Problem description
For each line in the records that contains "timeline", make a copy.

------------------------------------------------------------

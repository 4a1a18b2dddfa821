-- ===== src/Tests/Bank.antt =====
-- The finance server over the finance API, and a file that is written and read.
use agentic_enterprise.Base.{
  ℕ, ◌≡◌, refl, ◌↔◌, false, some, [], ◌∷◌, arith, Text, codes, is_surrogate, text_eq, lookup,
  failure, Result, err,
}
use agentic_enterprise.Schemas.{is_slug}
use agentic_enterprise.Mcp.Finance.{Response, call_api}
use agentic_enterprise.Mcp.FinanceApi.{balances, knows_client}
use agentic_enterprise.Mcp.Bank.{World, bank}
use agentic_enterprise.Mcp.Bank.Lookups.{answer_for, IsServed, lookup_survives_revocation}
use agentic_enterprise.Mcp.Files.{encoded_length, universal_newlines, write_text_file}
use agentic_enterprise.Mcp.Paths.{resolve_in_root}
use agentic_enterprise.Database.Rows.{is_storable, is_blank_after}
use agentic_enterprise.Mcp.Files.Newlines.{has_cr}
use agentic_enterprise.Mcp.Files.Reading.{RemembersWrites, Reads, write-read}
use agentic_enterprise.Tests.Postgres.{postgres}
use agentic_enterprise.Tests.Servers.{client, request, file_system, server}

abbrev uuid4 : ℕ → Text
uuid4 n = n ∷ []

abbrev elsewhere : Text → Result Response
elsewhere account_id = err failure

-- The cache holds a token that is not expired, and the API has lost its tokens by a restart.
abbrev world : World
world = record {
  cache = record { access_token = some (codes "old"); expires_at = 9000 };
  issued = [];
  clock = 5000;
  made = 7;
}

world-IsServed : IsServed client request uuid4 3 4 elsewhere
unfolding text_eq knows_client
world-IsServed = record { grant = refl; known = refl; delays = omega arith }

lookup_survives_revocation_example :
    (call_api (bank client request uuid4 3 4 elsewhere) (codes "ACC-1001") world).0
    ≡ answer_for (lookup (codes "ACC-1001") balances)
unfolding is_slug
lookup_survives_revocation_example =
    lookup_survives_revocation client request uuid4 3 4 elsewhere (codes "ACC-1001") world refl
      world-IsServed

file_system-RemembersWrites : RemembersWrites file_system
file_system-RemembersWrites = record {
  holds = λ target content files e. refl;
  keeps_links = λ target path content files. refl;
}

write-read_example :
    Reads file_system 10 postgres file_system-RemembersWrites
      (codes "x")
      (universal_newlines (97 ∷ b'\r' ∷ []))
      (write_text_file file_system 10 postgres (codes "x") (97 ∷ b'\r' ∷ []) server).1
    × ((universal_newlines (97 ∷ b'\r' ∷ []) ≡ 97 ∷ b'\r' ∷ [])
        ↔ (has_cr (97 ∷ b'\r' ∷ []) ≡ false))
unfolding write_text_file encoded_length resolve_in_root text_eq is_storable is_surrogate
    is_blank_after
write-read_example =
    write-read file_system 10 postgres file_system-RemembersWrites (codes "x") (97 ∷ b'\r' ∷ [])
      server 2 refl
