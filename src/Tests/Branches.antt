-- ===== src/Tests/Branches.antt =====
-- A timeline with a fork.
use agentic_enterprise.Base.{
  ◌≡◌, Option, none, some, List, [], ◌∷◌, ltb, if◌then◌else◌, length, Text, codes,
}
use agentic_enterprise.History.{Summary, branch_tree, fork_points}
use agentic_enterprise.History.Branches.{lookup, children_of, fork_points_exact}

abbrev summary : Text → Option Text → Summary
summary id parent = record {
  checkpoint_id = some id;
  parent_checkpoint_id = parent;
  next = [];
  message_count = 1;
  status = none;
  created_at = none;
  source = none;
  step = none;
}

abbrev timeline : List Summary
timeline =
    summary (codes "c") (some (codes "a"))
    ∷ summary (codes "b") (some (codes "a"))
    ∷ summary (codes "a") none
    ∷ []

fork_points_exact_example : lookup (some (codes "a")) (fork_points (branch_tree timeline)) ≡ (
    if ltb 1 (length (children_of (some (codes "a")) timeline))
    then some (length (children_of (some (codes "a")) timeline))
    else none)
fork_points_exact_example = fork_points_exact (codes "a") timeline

------------------------------------------------------------

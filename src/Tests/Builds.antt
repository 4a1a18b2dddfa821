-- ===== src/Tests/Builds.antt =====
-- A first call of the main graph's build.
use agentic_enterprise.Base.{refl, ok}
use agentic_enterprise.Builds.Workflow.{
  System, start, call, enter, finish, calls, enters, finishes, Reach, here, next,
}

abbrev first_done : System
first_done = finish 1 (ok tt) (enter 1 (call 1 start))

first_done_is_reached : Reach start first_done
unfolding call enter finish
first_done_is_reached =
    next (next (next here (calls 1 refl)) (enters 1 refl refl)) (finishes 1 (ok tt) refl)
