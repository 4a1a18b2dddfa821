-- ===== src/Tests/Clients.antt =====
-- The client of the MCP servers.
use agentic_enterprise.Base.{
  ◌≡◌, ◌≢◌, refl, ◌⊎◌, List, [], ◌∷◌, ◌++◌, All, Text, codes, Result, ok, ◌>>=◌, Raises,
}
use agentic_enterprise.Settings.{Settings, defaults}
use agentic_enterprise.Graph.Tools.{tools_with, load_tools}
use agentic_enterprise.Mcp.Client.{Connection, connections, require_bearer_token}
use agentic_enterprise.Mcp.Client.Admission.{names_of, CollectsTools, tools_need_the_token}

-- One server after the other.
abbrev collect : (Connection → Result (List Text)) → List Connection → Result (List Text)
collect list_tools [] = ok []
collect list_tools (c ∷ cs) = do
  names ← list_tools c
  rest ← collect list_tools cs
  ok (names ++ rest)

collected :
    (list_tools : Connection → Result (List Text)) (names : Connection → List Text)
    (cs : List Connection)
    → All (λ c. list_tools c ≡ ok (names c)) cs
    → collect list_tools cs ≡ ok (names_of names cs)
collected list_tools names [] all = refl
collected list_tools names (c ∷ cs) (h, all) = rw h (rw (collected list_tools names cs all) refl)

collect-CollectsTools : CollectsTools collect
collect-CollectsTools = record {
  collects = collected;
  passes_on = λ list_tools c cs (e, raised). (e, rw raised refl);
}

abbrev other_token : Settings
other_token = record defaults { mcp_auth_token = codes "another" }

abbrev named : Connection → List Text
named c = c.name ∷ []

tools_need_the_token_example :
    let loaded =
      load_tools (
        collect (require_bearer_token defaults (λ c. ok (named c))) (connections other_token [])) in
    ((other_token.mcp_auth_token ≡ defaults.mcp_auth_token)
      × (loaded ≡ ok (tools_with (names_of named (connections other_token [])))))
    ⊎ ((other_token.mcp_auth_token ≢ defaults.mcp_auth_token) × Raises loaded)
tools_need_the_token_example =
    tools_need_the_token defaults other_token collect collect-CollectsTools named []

------------------------------------------------------------

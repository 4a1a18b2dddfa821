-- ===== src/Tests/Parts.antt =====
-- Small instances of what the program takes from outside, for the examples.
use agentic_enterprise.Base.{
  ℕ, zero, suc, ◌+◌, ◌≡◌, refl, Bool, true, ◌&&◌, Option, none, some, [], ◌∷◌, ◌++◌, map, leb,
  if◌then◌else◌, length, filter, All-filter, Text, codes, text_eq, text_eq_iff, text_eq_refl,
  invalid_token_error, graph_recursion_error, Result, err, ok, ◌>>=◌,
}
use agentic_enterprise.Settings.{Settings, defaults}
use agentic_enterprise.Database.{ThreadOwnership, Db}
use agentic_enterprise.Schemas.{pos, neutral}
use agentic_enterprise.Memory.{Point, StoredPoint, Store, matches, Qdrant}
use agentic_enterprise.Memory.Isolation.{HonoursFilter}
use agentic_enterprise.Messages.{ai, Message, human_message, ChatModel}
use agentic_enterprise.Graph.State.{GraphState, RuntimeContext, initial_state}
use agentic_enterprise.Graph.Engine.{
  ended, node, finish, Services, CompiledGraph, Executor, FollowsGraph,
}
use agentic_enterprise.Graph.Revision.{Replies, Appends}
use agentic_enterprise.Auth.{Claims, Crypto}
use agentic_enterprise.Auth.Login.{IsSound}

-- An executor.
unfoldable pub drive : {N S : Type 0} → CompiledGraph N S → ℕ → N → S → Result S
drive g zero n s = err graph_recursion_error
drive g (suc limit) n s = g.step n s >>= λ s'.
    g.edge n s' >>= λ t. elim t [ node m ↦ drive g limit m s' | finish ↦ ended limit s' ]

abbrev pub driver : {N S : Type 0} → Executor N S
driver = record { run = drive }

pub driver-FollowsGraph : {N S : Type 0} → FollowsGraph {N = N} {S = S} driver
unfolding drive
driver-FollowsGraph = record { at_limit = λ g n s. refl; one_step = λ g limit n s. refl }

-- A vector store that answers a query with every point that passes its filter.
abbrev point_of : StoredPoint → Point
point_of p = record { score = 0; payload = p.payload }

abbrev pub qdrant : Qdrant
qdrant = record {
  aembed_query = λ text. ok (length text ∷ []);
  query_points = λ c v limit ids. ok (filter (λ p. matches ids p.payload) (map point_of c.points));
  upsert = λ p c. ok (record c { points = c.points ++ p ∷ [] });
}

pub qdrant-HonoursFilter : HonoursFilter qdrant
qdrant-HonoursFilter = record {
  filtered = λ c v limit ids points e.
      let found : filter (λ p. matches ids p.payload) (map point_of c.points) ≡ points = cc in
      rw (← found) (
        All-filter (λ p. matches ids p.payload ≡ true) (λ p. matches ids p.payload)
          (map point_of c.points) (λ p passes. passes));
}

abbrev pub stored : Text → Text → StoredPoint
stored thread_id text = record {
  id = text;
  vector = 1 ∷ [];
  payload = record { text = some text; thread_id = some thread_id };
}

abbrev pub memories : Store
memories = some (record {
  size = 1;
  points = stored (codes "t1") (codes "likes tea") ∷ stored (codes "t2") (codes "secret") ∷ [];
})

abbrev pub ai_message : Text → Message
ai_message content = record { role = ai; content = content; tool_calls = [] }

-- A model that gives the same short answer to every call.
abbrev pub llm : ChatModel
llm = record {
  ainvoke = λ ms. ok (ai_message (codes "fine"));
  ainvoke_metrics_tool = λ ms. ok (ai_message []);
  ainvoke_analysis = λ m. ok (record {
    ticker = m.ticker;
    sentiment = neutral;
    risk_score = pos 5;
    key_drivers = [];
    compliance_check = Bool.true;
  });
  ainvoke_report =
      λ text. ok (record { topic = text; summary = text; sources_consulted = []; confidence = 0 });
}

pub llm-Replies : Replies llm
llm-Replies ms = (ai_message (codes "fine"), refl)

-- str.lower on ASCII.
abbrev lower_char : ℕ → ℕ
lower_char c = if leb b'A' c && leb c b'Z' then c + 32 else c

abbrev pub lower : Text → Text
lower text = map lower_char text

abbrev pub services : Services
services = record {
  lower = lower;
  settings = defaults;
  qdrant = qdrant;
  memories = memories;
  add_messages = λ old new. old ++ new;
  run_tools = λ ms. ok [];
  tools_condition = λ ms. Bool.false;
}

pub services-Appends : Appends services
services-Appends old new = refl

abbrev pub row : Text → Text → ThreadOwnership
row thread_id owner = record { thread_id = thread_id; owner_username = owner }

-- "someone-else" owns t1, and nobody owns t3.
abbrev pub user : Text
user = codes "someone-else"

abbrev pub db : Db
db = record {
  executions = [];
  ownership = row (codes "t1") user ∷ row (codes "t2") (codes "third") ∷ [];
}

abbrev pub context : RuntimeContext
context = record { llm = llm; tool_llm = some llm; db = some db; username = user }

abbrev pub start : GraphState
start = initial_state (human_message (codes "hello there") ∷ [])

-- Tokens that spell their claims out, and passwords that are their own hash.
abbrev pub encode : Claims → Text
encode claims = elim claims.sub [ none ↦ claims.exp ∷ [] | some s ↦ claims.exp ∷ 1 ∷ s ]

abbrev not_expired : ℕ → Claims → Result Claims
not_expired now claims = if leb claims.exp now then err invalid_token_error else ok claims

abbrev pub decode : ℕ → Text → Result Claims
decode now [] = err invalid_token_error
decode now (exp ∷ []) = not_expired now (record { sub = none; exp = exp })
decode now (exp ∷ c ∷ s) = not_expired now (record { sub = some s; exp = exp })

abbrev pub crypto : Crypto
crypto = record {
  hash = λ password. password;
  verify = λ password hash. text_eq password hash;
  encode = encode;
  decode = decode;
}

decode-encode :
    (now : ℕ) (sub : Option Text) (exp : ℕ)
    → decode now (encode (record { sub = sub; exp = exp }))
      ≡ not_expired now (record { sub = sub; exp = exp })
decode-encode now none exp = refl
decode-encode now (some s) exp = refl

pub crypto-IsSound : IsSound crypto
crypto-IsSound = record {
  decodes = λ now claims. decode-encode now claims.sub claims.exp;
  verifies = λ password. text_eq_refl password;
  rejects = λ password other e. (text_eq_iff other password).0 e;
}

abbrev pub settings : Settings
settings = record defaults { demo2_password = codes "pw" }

------------------------------------------------------------

Completed task
-- A timeline with a fork.
abbrev timeline : List Summary
timeline =
fork_points_exact_example : lookup (some (codes "a")) (fork_points (branch_tree timeline)) ≡ (
    if ltb 1 (length (children_of (some (codes "a")) timeline))
    then some (length (children_of (some (codes "a")) timeline))
fork_points_exact_example = fork_points_exact (codes "a") timeline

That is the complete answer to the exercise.